**Action item**
In the entries that follow, the line with "-- returned, in" opens the range and the line with "split_lem e secret" closes it; repeat that range exactly, both lines included.

**Dataset excerpts**
.....
-- ===== src/Crypto/Shamir/Recovery.antt =====
-- Combine after Split of crypto/shamir.go: any `threshold` distinct shares give the secret back.
use mathlib.Core.List.{Memᴰ}
use genomedb.Base.{
  ℕ, zero, suc, ◌+◌, ◌%◌, ◌<◌, ◌≤◌, ◌≡◌, ◌≢◌, refl, sym, ap, ap₂, subst, ◌∙◌, List, [], ◌∷◌, map,
  arith, IsBytes, Bytes, length, length-map, All, All-mem, All-of_mem, All-weaken, Distinct, ok,
  Entropy,
}
use genomedb.Crypto.Field.Poly.{eval}
use genomedb.Crypto.Field.{add-zero}
use genomedb.Crypto.Shamir.{Share, split, combine}
use genomedb.Crypto.Shamir.Elements.{Element, val, bytes_field}
use genomedb.Crypto.Shamir.Terms.{eval_poly-eval}
use genomedb.Crypto.Shamir.Combine.{share_at, secret_byte, combine_lem}
use genomedb.Crypto.Shamir.Split.{ArePolynomials, partial_share, share_rows, split_lem}

lift : (xs : Bytes) → IsBytes xs → (es : List Element) × (map val es ≡ xs)
lift [] h = ([], refl)
lift (x ∷ xs) h = let (es, e) = lift xs h.1 in ((x, h.0) ∷ es, ap (λ t. x ∷ t) e)

secret_byte_lem : (c : Element) (cs : List Element) → secret_byte (c ∷ cs) ≡ val c
unfolding secret_byte eval
secret_byte_lem c cs = ap val (
    ap (λ t. bytes_field.◌⊕◌ c t) (bytes_field.zero-mul (eval bytes_field cs bytes_field.zero))
    ∙ add-zero bytes_field c)

-- The polynomials of a split, over the field.
lift_polys :
    (threshold : ℕ) (secret : Bytes) (polys : List (List ℕ))
    → IsBytes secret
    → ArePolynomials threshold secret polys
    → (ps : List (List Element)) × (map (map val) ps ≡ polys)
      × All (λ (cs : List Element). length cs ≤ threshold) ps
      × (map secret_byte ps ≡ secret)
lift_polys threshold [] [] b are = ([], refl, tt, refl)
lift_polys threshold [] (cs ∷ polys) b are = absurd are
lift_polys threshold (x ∷ secret) [] b are = absurd are
lift_polys threshold (x ∷ secret) (cs ∷ polys) b ((rest, e, len, bytes), are) =
    let (ps, eps, deg, heads) = lift_polys threshold secret polys b.1 are in
    let (es, ees) = lift rest bytes in
    let poly = (x, b.0) ∷ es in
    (
      poly ∷ ps,
      ap₂ (λ (t : List ℕ) ts. t ∷ ts) (ap (λ t. x ∷ t) ees ∙ sym e) eps,
      (omega (arith, length-map es val, ap (λ (t : Bytes). length t) ees), deg),
      ap₂ (λ (t : ℕ) ts. t ∷ ts) (secret_byte_lem (x, b.0) es) heads,
    )

abbrev tail_of : List ℕ → List ℕ
tail_of [] = []
tail_of (x ∷ xs) = xs

-- A written share is the share at its coordinate.
partial_share-share_at :
    (ps : List (List Element)) (x : Element)
    → partial_share (map (map val) ps) 0 (val x) ≡ share_at ps x
unfolding share_at
partial_share-share_at [] x = refl
partial_share-share_at (cs ∷ ps) x =
    ap₂ (λ (t : ℕ) ts. val x ∷ t ∷ ts) (eval_poly-eval cs x)
      (ap tail_of (partial_share-share_at ps x))

share_rows-mem :
    (polys : List (List ℕ)) (n i : ℕ) (s : Share)
    → i + n < 256
    → Memᴰ s (share_rows polys 0 n i)
    → (x : ℕ) × (0 < x) × (x < 256) × (s ≡ partial_share polys 0 x)
share_rows-mem polys zero i s fits m = elim m [ ]
share_rows-mem polys (suc n) i s fits (Memᴰ.head e) = ((i + 1) % 256, ground arith, omega arith, e)
share_rows-mem polys (suc n) i s fits (Memᴰ.tail m) =
    share_rows-mem polys n (i + 1) s (omega arith) m

Distinct-of_map : {A B : Type 0} (f : A → B) (xs : List A) → Distinct (map f xs) → Distinct xs
Distinct-of_map f [] d = tt
Distinct-of_map {A} f (x ∷ xs) d = (differs xs d.0, Distinct-of_map f xs d.1)
  where
    differs : (zs : List A) → All (λ z. z ≢ f x) (map f zs) → All (λ z. z ≢ x) zs
    differs [] h = tt
    differs (z ∷ zs) h = (λ e. h.0 (ap f e), differs zs h.1)

abbrev IsShareOf : List (List ℕ) → Share → Type 0
IsShareOf polys s = (x : ℕ) × (0 < x) × (x < 256) × (s ≡ partial_share polys 0 x)

-- Shares of a split are the shares at some nodes that are not zero.
nodes_of :
    (ps : List (List Element)) (picked : List Share)
    → All (IsShareOf (map (map val) ps)) picked
    → (ns : List Element) × (map (share_at ps) ns ≡ picked) × All (λ (x : Element). val x ≢ 0) ns
nodes_of ps [] h = ([], refl, tt)
nodes_of ps (s ∷ picked) ((x, pos, lt, e), h) =
    let (ns, ens, nz) = nodes_of ps picked h in
    (
      (x, lt) ∷ ns,
      ap₂ (λ (t : Share) ts. t ∷ ts) (sym (e ∙ partial_share-share_at ps (x, lt))) ens,
      (omega arith, nz),
    )

module _ (e : Entropy) where
  open e use {Source}

  -- Whatever the random bytes are, if Split with threshold `threshold` succeeds on a secret of
  -- bytes, then Combine gives exactly that secret from any list of distinct shares that Split
  -- returned, in any order, provided that the list holds at least `threshold` of them.
  pub combine-split :
      (secret : Bytes) (shares threshold : ℕ) (src src' : Source) (out picked : List Share)
      → IsBytes secret
      → split e secret shares threshold src ≡ ok (out, src')
      → All (λ s. Memᴰ s out) picked
      → Distinct picked
      → threshold ≤ length picked
      → combine picked ≡ ok secret
  combine-split secret shares threshold src src' out picked bytes run from distinct enough =
      let (two, le, fits, some_bytes, (polys, are, rows)) =
        split_lem e secret shares threshold src out src' run in
      let (ps, eps, deg, heads) = lift_polys threshold secret polys bytes are in
      let member = λ (s : Share) (m : Memᴰ s picked).
        share_rows-mem (map (map val) ps) shares 0 s (omega arith) (
          subst (λ (rs : List Share). Memᴰ s rs)
            (rows ∙ ap (λ (t : List (List ℕ)). share_rows t 0 shares 0) (sym eps))
            (All-mem (λ (t : Share). Memᴰ t out) from m)) in
      let (ns, ens, nz) = nodes_of ps picked (All-of_mem picked member) in
      let len : length ns ≡ length picked =
        sym (length-map ns (share_at ps)) ∙ ap (λ (t : List Share). length t) ens in
      ap combine (sym ens)
      ∙ combine_lem ps ns
          (omega (arith, length-map ps secret_byte, ap (λ (t : Bytes). length t) heads))
          (omega arith)
          (Distinct-of_map (share_at ps) ns
            (subst (λ (t : List Share). Distinct t) (sym ens) distinct))
          nz (All-weaken ps (λ cs h. omega arith) deg)
      ∙ ap (λ (t : Bytes). ok t) heads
.....
**The answer**
  -- returned, in any order, provided that the list holds at least `threshold` of them.
  pub combine-split :
      (secret : Bytes) (shares threshold : ℕ) (src src' : Source) (out picked : List Share)
      → IsBytes secret
      → split e secret shares threshold src ≡ ok (out, src')
      → All (λ s. Memᴰ s out) picked
      → Distinct picked
      → threshold ≤ length picked
      → combine picked ≡ ok secret
  combine-split secret shares threshold src src' out picked bytes run from distinct enough =
      let (two, le, fits, some_bytes, (polys, are, rows)) =
        split_lem e secret shares threshold src out src' run in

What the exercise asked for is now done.